Information
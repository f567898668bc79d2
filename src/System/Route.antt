-- ===== src/System/Route.antt =====
-- processIPv4TCP of stack_system.go with its NAT: to the listener and back.
use mathlib.Core.Path.{subst}
use sing_tun.Base.{
  ℕ, ◌+◌, ◌^◌, ◌≤◌, ◌<◌, ◌≡◌, refl, ap, ◌∙◌, sym, true, false, Option, none, some, List, [], length,
  arith, All, ◌==◌, ◌&&◌, not, if◌then◌else◌,
}
use sing_tun.Base.Bytes.{◌>>=◌, window, get16, get32, some_same}
use sing_tun.Base.Net.{AddrPort}
use sing_tun.Checksum.Words.{IsByte}
use sing_tun.Header.{source_addr, destination_addr, source_port, destination_port}
use sing_tun.Header.Fields.{get16_total, get32_total, length-window, number_lt16, number_lt32}
use sing_tun.Header.Update.{window-IsByte}
use sing_tun.Nat.{TcpNat, Key, TcpSession, lookup, lookup_back}
use sing_tun.Nat.Linked.{Inv}
use sing_tun.Nat.Lookup.{lookup_back-lookup, lookup-port_fits}
use sing_tun.System.{System, Packet, is_global_unicast, rewrite_ipv4_tcp, Step, stay}
use sing_tun.System.Rewrite.{Whole}
use sing_tun.System.Ports.{IsPort}
use sing_tun.System.Sealed.{IsTcpPacket, Readdressed, rewrite_ipv4_tcp_lem}
use sing_tun.System.Tcp.{is_loopback, reply, loop_back, forward, route_tcp, process_ipv4_tcp}

-- The addresses and ports of a packet.
pub record HasFlow (p : Packet) (source destination : AddrPort) : Type 0 where
  pub src_addr : source_addr p.header ≡ some source.addr
  pub src_port : source_port p.payload ≡ some source.port
  pub dst_addr : destination_addr p.header ≡ some destination.addr
  pub dst_port : destination_port p.payload ≡ some destination.port

pub record IsEndpoint (a : AddrPort) : Type 0 where
  pub addr_fits : a.addr < 2 ^ 32
  pub port_fits : a.port < 2 ^ 16

-- The key of a flow in the NAT.
abbrev pub flow : AddrPort → AddrPort → Key
flow source destination = record { source = source; destination = destination }

pub ==_same : (n : ℕ) → (n == n) ≡ true
==_same n = ground arith

-- The addresses of the stack fit, and its NAT satisfies the invariant.
pub record IsRunning (s : System) (nat : TcpNat) : Type 0 where
  pub has_nat : s.tcp_nat4 ≡ some nat
  pub linked : Inv nat
  pub address : s.inet4_address < 2 ^ 32
  pub next_address : s.inet4_next_address < 2 ^ 32
  pub port : s.tcp_port < 2 ^ 16

pub get32_fits :
    (b : List ℕ) (off a : ℕ) → off + 4 ≤ length b → All IsByte b → get32 b off ≡ some a → a < 2 ^ 32
get32_fits b off a room hb e =
    subst (λ (n : ℕ). n < 2 ^ 32) (some_same _ _ (sym (get32_total b off room) ∙ e))
      (number_lt32 (window b off 4) (length-window b off 4 room) (window-IsByte b off 4 hb))

pub get16_fits :
    (b : List ℕ) (off a : ℕ) → off + 2 ≤ length b → All IsByte b → get16 b off ≡ some a → a < 2 ^ 16
get16_fits b off a room hb e =
    subst (λ (n : ℕ). n < 2 ^ 16) (some_same _ _ (sym (get16_total b off room) ∙ e))
      (number_lt16 (window b off 2) (length-window b off 2 room) (window-IsByte b off 2 hb))

pub flow-IsEndpoint :
    (p : Packet) (source destination : AddrPort)
    → Whole p
    → HasFlow p source destination
    → IsEndpoint source × IsEndpoint destination
unfolding source_addr source_port destination_addr destination_port
flow-IsEndpoint p source destination v f = (
  record {
    addr_fits = get32_fits p.header 12 _ (omega (arith, v.header_room)) v.header_bytes f.src_addr;
    port_fits = get16_fits p.payload 0 _ (omega (arith, v.payload_room)) v.payload_bytes f.src_port;
  },
  record {
    addr_fits = get32_fits p.header 16 _ v.header_room v.header_bytes f.dst_addr;
    port_fits = get16_fits p.payload 2 _ (omega (arith, v.payload_room)) v.payload_bytes f.dst_port;
  },
)

-- Which way processIPv4TCP takes.
pub dispatch :
    (s : System) (now : ℕ) (p : Packet) (source destination : AddrPort) (nat : TcpNat)
    → s.tcp_nat4 ≡ some nat
    → HasFlow p source destination
    → process_ipv4_tcp s now p ≡ (
        if not (is_global_unicast destination.addr)
        then some (stay s p)
        else if source.addr == s.inet4_address && source.port == s.tcp_port
        then reply s nat now p destination.port
        else if is_loopback s.inet4_loopback_address destination.addr
        then loop_back s p source.addr destination.addr
        else forward s nat now p source destination)
unfolding process_ipv4_tcp route_tcp
dispatch s now p source destination nat e f =
    ap (λ (o : Option TcpNat). elim o [ none ↦ some (stay s p) | some nat ↦ route_tcp s now p nat ])
      e
    ∙ rw (f.src_addr, f.src_port, f.dst_addr, f.dst_port) refl

-- The stack with its NAT replaced.
abbrev pub with_nat : System → TcpNat → System
with_nat s nat = record s { tcp_nat4 = some nat }

-- What a handler that rewrites and writes back leaves.
abbrev pub Sent : Option Step → System → TcpNat → Packet → ℕ → ℕ → Option ℕ → Option ℕ → Type 0
Sent result s nat p src dst sport dport =
    (st : Step) × (result ≡ some st)
    × (st.write_back ≡ true)
    × (st.error ≡ none)
    × (st.effects ≡ [])
    × (st.system ≡ with_nat s nat)
    × Readdressed p s.tx_checksum_offload src dst sport dport st.packet

rewritten-Sent :
    (s : System) (nat : TcpNat) (p : Packet) (src dst : ℕ) (sport dport : Option ℕ)
    → IsTcpPacket p
    → (src < 2 ^ 32) × (dst < 2 ^ 32)
    → IsPort sport × IsPort dport
    → Sent
        (rewrite_ipv4_tcp p s.tx_checksum_offload src sport dst dport >>= λ p'.
          some (record (stay (with_nat s nat) p') { write_back = true }))
        s
        nat
        p
        src
        dst
        sport
        dport
rewritten-Sent s nat p src dst sport dport t fits ports =
    let (q, made, is) =
      rewrite_ipv4_tcp_lem p s.tx_checksum_offload src sport dst dport t fits.0 fits.1 ports.0
        ports.1 in
    (
      record (stay (with_nat s nat) q) { write_back = true },
      rw made refl,
      refl,
      refl,
      refl,
      refl,
      is,
    )

-- A packet of a client that the NAT has a port for goes to the listener from that port of the next
-- address.
forward_lem :
    (s : System) (nat : TcpNat) (now : ℕ) (p : Packet) (source destination : AddrPort) (port : ℕ)
    → IsRunning s nat
    → IsTcpPacket p
    → (lookup nat (flow source destination) now).1 ≡ some port
    → Sent
        (forward s nat now p source destination)
        s
        (lookup nat (flow source destination) now).0
        p
        s.inet4_next_address
        s.inet4_address
        (some port)
        (some s.tcp_port)
unfolding forward
forward_lem s nat now p source destination port r t e =
    rw (e, forward)
      (rewritten-Sent s (lookup nat (flow source destination) now).0 p s.inet4_next_address
        s.inet4_address (some port) (some s.tcp_port) t (r.next_address, r.address)
        (lookup-port_fits nat (flow source destination) now port r.linked e, r.port))

-- A packet from the listener whose port has a session goes to that session's source.
reply_lem :
    (s : System) (nat : TcpNat) (now : ℕ) (p : Packet) (port : ℕ) (session : TcpSession)
    → IsTcpPacket p
    → IsEndpoint session.source
    → IsEndpoint session.destination
    → (lookup_back nat port now).1 ≡ some session
    → Sent
        (reply s nat now p port)
        s
        (lookup_back nat port now).0
        p
        session.destination.addr
        session.source.addr
        (some session.destination.port)
        (some session.source.port)
unfolding reply
reply_lem s nat now p port session t is_src is_dst e =
    rw (e, reply)
      (rewritten-Sent s (lookup_back nat port now).0 p session.destination.addr session.source.addr
        (some session.destination.port) (some session.source.port) t
        (is_dst.addr_fits, is_src.addr_fits) (is_dst.port_fits, is_src.port_fits))

-- A TCP packet of a client, to a destination that is not one of the loopback addresses.
pub record FromClient (s : System) (p : Packet) (source destination : AddrPort) : Type 0 where
  pub is_tcp : IsTcpPacket p
  pub has_flow : HasFlow p source destination
  pub global : is_global_unicast destination.addr ≡ true
  pub elsewhere : (source.addr == s.inet4_address && source.port == s.tcp_port) ≡ false
  pub not_loopback : is_loopback s.inet4_loopback_address destination.addr ≡ false

-- A TCP packet that the listener sends to a port of the next address.
pub record FromListener (s : System) (r : Packet) (port : ℕ) : Type 0 where
  pub is_tcp : IsTcpPacket r
  pub has_flow :
      HasFlow r
        (record { addr = s.inet4_address; port = s.tcp_port })
        (record { addr = s.inet4_next_address; port = port })

client_way :
    (s : System) (nat : TcpNat) (now : ℕ) (p : Packet) (source destination : AddrPort)
    → s.tcp_nat4 ≡ some nat
    → FromClient s p source destination
    → process_ipv4_tcp s now p ≡ forward s nat now p source destination
client_way s nat now p source destination e c =
    dispatch s now p source destination nat e c.has_flow
    ∙ rw (c.global, c.elsewhere, c.not_loopback) refl

listener_way :
    (s : System) (nat : TcpNat) (now : ℕ) (r : Packet) (port : ℕ)
    → s.tcp_nat4 ≡ some nat
    → is_global_unicast s.inet4_next_address ≡ true
    → FromListener s r port
    → process_ipv4_tcp s now r ≡ reply s nat now r port
listener_way s nat now r port e global c =
    dispatch s now r _ _ nat e c.has_flow
    ∙ rw (global, ==_same s.inet4_address, ==_same s.tcp_port) refl

-- A client's TCP packet for which the NAT has a port is written back as a packet from that port of
-- the next address to the listener; whatever the listener then sends to that port is written back,
-- at any later time, as a packet from the destination of the client's packet to its source. Both
-- packets keep the rest of their bytes and valid checksums.
pub process_ipv4_tcp_restores :
    (s : System) (nat : TcpNat) (now later : ℕ) (p r : Packet) (source destination : AddrPort)
    (port : ℕ)
    → IsRunning s nat
    → is_global_unicast s.inet4_next_address ≡ true
    → FromClient s p source destination
    → (lookup nat (flow source destination) now).1 ≡ some port
    → FromListener s r port
    → let nat' = (lookup nat (flow source destination) now).0 in
      Sent
        (process_ipv4_tcp s now p)
        s
        nat'
        p
        s.inet4_next_address
        s.inet4_address
        (some port)
        (some s.tcp_port)
      × Sent
          (process_ipv4_tcp (with_nat s nat') later r)
          (with_nat s nat')
          (lookup_back nat' port later).0
          r
          destination.addr
          source.addr
          (some destination.port)
          (some source.port)
process_ipv4_tcp_restores s nat now later p r source destination port run global c e l =
    let nat' = (lookup nat (flow source destination) now).0 in
    let s' = with_nat s nat' in
    let (session, back, key) =
      lookup_back-lookup nat (flow source destination) now later port run.linked e in
    let (fits, fits') = flow-IsEndpoint p source destination c.is_tcp.whole c.has_flow in
    let src : session.source ≡ source = ap (λ (k : Key). k.source) key in
    let dst : session.destination ≡ destination = ap (λ (k : Key). k.destination) key in
    let nat'' = (lookup_back nat' port later).0 in
    let there = forward_lem s nat now p source destination port run c.is_tcp e in
    let here =
      reply_lem s' nat' later r port session l.is_tcp (subst IsEndpoint (sym src) fits)
        (subst IsEndpoint (sym dst) fits') back in
    (
      subst
          (λ (x : Option Step).
            Sent x s nat' p s.inet4_next_address s.inet4_address (some port) (some s.tcp_port))
          (sym (client_way s nat now p source destination run.has_nat c)) there,
      subst
          (λ (x : Option Step).
            Sent x s' nat'' r destination.addr source.addr (some destination.port)
              (some source.port))
          (sym (
            listener_way s' nat' later r port refl global
              (record { is_tcp = l.is_tcp; has_flow = l.has_flow })))
          (subst
            (λ (a : AddrPort).
              Sent (reply s' nat' later r port) s' nat'' r a.addr source.addr (some a.port)
                (some source.port))
            dst
            (subst
              (λ (a : AddrPort).
                Sent (reply s' nat' later r port) s' nat'' r session.destination.addr a.addr
                  (some session.destination.port) (some a.port))
              src here)),
    )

Task to complete
Count how many lines of the listing above include the word "none", then reply with that count and no other text.

The answer
3